■ **Exercise brief**: In the listing, some lines may hold the string "that"; report how many do, as a bare number.

******************************

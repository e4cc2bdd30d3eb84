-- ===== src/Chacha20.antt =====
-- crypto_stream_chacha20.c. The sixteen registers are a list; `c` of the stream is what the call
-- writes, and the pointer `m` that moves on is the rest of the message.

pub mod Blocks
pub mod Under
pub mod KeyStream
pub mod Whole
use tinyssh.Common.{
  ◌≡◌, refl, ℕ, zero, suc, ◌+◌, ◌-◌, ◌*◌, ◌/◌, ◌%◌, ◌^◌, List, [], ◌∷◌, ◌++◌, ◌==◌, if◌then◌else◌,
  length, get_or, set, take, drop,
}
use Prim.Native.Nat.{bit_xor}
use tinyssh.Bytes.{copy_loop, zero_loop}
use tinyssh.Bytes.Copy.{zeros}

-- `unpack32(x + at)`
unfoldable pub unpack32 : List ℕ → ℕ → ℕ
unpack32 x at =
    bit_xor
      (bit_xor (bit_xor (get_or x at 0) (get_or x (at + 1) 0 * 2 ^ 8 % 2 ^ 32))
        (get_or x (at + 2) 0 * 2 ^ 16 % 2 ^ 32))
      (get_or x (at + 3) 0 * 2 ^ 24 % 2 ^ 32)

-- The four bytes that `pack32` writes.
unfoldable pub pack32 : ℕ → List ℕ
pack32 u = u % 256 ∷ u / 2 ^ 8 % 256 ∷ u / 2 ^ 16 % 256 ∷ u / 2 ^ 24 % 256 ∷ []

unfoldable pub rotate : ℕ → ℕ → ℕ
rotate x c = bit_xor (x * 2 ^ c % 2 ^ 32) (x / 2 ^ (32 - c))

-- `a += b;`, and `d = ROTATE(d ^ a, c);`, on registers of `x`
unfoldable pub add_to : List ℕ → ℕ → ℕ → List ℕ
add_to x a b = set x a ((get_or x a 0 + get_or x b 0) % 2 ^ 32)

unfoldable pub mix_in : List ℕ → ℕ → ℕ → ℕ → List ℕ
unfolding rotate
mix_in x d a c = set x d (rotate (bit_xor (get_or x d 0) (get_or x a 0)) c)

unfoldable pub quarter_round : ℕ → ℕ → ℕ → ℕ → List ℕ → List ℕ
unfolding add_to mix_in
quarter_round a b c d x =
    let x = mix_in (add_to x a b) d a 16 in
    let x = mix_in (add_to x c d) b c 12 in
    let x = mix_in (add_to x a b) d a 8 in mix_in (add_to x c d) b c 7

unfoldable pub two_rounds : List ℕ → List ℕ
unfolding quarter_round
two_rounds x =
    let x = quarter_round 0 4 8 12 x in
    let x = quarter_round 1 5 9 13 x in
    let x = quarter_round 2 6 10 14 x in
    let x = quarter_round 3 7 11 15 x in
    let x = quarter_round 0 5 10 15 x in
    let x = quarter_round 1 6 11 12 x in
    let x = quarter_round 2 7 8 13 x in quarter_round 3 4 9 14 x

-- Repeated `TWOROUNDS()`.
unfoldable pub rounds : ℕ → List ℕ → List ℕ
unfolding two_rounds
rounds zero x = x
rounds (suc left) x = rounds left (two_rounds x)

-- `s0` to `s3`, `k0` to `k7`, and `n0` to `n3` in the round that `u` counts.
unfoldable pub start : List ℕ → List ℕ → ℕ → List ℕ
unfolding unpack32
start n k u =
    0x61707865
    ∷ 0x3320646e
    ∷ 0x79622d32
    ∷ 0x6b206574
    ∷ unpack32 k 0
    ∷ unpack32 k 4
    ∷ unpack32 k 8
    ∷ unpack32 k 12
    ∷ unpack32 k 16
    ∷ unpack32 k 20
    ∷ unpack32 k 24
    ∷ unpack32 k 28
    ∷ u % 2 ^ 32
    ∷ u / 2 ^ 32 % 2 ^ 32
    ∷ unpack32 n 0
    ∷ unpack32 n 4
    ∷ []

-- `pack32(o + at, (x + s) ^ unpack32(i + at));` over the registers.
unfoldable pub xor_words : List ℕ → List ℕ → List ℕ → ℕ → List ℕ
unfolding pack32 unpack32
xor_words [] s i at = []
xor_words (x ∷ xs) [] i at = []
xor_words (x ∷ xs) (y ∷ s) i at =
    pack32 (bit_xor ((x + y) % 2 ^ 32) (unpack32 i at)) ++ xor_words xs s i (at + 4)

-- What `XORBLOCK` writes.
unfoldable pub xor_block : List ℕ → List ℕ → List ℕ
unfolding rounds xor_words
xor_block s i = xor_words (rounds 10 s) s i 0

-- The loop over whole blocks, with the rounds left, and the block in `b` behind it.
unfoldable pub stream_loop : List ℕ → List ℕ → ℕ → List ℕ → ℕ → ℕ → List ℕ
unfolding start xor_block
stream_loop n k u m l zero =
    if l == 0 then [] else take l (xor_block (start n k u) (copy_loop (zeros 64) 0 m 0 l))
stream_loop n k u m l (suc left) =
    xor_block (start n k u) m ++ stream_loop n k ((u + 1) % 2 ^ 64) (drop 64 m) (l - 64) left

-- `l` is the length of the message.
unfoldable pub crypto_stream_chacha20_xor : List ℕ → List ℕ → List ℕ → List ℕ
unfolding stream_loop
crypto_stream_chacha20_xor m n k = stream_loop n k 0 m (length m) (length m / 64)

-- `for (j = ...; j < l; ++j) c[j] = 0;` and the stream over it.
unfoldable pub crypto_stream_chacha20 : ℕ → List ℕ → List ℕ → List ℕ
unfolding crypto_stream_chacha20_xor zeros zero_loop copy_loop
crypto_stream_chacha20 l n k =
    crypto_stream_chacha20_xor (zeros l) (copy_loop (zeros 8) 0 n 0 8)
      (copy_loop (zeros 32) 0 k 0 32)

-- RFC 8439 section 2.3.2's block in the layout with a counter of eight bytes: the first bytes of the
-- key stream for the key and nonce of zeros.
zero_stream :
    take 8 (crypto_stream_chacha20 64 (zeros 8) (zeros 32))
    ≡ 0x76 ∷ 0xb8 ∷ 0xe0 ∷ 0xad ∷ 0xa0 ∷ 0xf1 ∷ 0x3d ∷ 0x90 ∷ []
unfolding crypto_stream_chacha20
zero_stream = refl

******************************

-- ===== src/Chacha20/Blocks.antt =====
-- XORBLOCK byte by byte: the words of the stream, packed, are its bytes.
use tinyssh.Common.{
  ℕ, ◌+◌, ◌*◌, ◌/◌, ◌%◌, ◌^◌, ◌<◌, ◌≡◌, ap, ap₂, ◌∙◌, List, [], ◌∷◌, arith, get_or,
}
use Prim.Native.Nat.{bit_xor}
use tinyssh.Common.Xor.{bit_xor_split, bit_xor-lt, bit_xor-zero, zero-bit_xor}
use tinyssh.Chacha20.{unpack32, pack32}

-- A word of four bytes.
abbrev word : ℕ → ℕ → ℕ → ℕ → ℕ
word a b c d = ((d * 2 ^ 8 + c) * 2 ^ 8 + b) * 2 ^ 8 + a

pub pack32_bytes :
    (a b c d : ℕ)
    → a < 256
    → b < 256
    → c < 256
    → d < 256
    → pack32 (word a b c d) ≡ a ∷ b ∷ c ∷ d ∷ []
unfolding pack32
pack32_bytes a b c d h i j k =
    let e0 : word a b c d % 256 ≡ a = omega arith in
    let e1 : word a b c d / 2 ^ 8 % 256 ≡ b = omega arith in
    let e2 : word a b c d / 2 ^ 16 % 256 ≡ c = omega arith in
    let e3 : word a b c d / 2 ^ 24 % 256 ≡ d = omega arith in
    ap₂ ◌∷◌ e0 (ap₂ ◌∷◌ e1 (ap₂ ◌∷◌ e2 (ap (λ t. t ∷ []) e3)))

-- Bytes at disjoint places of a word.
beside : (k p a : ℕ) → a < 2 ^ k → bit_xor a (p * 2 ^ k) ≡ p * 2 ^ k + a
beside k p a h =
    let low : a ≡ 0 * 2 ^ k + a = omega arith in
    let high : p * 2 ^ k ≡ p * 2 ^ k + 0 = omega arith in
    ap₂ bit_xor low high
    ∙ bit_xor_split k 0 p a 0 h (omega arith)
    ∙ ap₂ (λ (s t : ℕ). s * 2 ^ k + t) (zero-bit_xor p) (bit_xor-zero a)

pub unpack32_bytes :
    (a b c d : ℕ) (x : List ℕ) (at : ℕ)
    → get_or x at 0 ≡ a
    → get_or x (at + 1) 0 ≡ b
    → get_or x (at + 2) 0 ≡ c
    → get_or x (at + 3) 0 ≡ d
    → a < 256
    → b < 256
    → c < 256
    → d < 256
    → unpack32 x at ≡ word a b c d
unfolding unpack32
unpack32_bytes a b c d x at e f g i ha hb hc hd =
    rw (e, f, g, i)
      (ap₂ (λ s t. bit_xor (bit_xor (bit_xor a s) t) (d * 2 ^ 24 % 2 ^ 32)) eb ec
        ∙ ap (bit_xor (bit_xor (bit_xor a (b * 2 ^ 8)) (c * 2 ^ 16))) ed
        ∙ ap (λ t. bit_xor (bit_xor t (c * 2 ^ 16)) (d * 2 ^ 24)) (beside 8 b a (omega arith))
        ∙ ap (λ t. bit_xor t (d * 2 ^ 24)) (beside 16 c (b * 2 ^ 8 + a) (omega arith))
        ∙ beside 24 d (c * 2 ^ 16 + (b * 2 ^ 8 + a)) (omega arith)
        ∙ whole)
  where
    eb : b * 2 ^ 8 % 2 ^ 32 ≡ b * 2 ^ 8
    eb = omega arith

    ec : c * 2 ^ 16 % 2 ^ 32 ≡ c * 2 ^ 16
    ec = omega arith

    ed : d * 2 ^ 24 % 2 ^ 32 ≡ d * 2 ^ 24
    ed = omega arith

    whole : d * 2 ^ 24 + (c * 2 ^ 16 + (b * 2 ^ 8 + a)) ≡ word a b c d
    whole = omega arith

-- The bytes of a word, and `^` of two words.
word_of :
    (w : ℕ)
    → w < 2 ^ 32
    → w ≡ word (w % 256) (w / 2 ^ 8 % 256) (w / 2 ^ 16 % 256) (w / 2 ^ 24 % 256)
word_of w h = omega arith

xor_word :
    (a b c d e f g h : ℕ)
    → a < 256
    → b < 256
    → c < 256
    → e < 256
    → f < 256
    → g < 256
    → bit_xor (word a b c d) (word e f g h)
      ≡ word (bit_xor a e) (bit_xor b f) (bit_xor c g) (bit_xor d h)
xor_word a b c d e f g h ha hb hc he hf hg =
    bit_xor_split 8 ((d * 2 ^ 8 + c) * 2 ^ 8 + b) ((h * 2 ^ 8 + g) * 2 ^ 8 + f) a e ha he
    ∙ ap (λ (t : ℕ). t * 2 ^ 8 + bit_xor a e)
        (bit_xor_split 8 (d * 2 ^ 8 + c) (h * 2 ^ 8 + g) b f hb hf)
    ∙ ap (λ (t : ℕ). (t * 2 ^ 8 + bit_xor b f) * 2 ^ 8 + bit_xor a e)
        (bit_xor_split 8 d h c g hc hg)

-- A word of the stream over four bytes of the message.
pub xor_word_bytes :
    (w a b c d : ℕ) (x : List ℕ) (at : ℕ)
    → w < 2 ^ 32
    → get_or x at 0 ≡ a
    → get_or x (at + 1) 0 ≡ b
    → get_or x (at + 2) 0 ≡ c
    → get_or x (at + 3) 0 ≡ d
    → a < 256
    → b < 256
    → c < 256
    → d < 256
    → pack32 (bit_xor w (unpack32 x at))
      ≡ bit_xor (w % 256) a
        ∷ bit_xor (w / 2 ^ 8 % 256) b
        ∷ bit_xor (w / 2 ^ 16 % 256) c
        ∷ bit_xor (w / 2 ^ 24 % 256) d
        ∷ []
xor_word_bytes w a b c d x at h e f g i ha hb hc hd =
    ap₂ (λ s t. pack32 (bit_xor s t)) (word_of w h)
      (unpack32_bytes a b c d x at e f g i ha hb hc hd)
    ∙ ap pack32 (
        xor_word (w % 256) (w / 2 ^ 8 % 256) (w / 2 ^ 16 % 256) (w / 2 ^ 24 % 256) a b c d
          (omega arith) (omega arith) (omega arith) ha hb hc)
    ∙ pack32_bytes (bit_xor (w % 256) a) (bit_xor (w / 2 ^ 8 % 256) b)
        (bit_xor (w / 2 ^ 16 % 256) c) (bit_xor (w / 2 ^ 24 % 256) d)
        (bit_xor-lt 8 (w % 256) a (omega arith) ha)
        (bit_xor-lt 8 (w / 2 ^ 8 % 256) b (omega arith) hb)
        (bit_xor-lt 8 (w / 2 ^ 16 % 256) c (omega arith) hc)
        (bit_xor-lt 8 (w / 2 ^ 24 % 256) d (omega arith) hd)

******************************

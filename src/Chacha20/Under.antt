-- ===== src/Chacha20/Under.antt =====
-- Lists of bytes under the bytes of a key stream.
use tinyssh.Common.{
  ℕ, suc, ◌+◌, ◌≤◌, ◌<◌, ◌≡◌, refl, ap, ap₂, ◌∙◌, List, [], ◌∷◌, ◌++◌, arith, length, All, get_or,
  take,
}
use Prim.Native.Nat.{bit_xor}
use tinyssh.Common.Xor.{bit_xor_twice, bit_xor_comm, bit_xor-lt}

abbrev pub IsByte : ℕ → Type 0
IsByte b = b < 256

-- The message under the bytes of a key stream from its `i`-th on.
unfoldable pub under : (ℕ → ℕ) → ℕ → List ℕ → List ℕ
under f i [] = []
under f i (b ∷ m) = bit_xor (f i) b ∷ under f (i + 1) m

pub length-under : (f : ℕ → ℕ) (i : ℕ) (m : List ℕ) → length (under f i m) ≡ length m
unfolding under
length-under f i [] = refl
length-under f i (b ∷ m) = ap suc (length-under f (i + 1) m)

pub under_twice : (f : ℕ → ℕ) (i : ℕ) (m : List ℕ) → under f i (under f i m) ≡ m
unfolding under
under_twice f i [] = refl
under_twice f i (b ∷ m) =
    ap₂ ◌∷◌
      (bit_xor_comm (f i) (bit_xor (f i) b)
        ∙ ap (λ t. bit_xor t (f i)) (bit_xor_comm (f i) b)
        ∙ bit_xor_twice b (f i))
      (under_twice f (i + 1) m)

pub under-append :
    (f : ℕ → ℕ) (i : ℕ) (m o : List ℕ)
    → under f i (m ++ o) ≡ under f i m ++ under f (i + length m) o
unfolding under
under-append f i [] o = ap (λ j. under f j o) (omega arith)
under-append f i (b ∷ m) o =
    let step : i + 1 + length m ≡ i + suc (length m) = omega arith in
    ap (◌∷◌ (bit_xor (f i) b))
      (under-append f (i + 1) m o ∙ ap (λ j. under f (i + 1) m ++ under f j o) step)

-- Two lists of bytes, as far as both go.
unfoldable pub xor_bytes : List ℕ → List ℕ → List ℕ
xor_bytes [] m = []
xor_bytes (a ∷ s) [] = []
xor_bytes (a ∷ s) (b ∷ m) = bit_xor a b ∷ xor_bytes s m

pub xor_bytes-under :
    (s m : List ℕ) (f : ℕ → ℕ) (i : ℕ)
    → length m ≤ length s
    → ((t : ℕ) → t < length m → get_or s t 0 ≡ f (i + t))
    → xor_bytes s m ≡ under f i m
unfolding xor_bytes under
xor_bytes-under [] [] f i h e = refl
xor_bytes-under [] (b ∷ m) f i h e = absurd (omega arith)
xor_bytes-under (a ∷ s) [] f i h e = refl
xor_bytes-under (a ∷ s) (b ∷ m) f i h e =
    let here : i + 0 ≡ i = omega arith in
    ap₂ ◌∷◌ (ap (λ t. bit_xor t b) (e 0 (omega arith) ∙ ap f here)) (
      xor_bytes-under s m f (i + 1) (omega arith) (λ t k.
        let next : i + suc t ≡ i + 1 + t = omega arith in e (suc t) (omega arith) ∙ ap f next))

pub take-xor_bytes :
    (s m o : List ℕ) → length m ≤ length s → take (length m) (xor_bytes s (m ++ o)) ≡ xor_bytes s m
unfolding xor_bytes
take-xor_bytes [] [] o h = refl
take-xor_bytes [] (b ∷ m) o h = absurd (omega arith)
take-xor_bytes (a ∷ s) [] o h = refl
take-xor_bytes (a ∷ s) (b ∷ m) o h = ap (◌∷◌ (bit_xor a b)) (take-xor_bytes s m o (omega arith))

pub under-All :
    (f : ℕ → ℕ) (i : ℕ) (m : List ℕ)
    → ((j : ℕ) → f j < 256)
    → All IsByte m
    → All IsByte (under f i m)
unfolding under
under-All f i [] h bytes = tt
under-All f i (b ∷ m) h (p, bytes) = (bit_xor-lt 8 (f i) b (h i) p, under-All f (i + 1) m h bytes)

******************************

■ **Exercise answer**: 3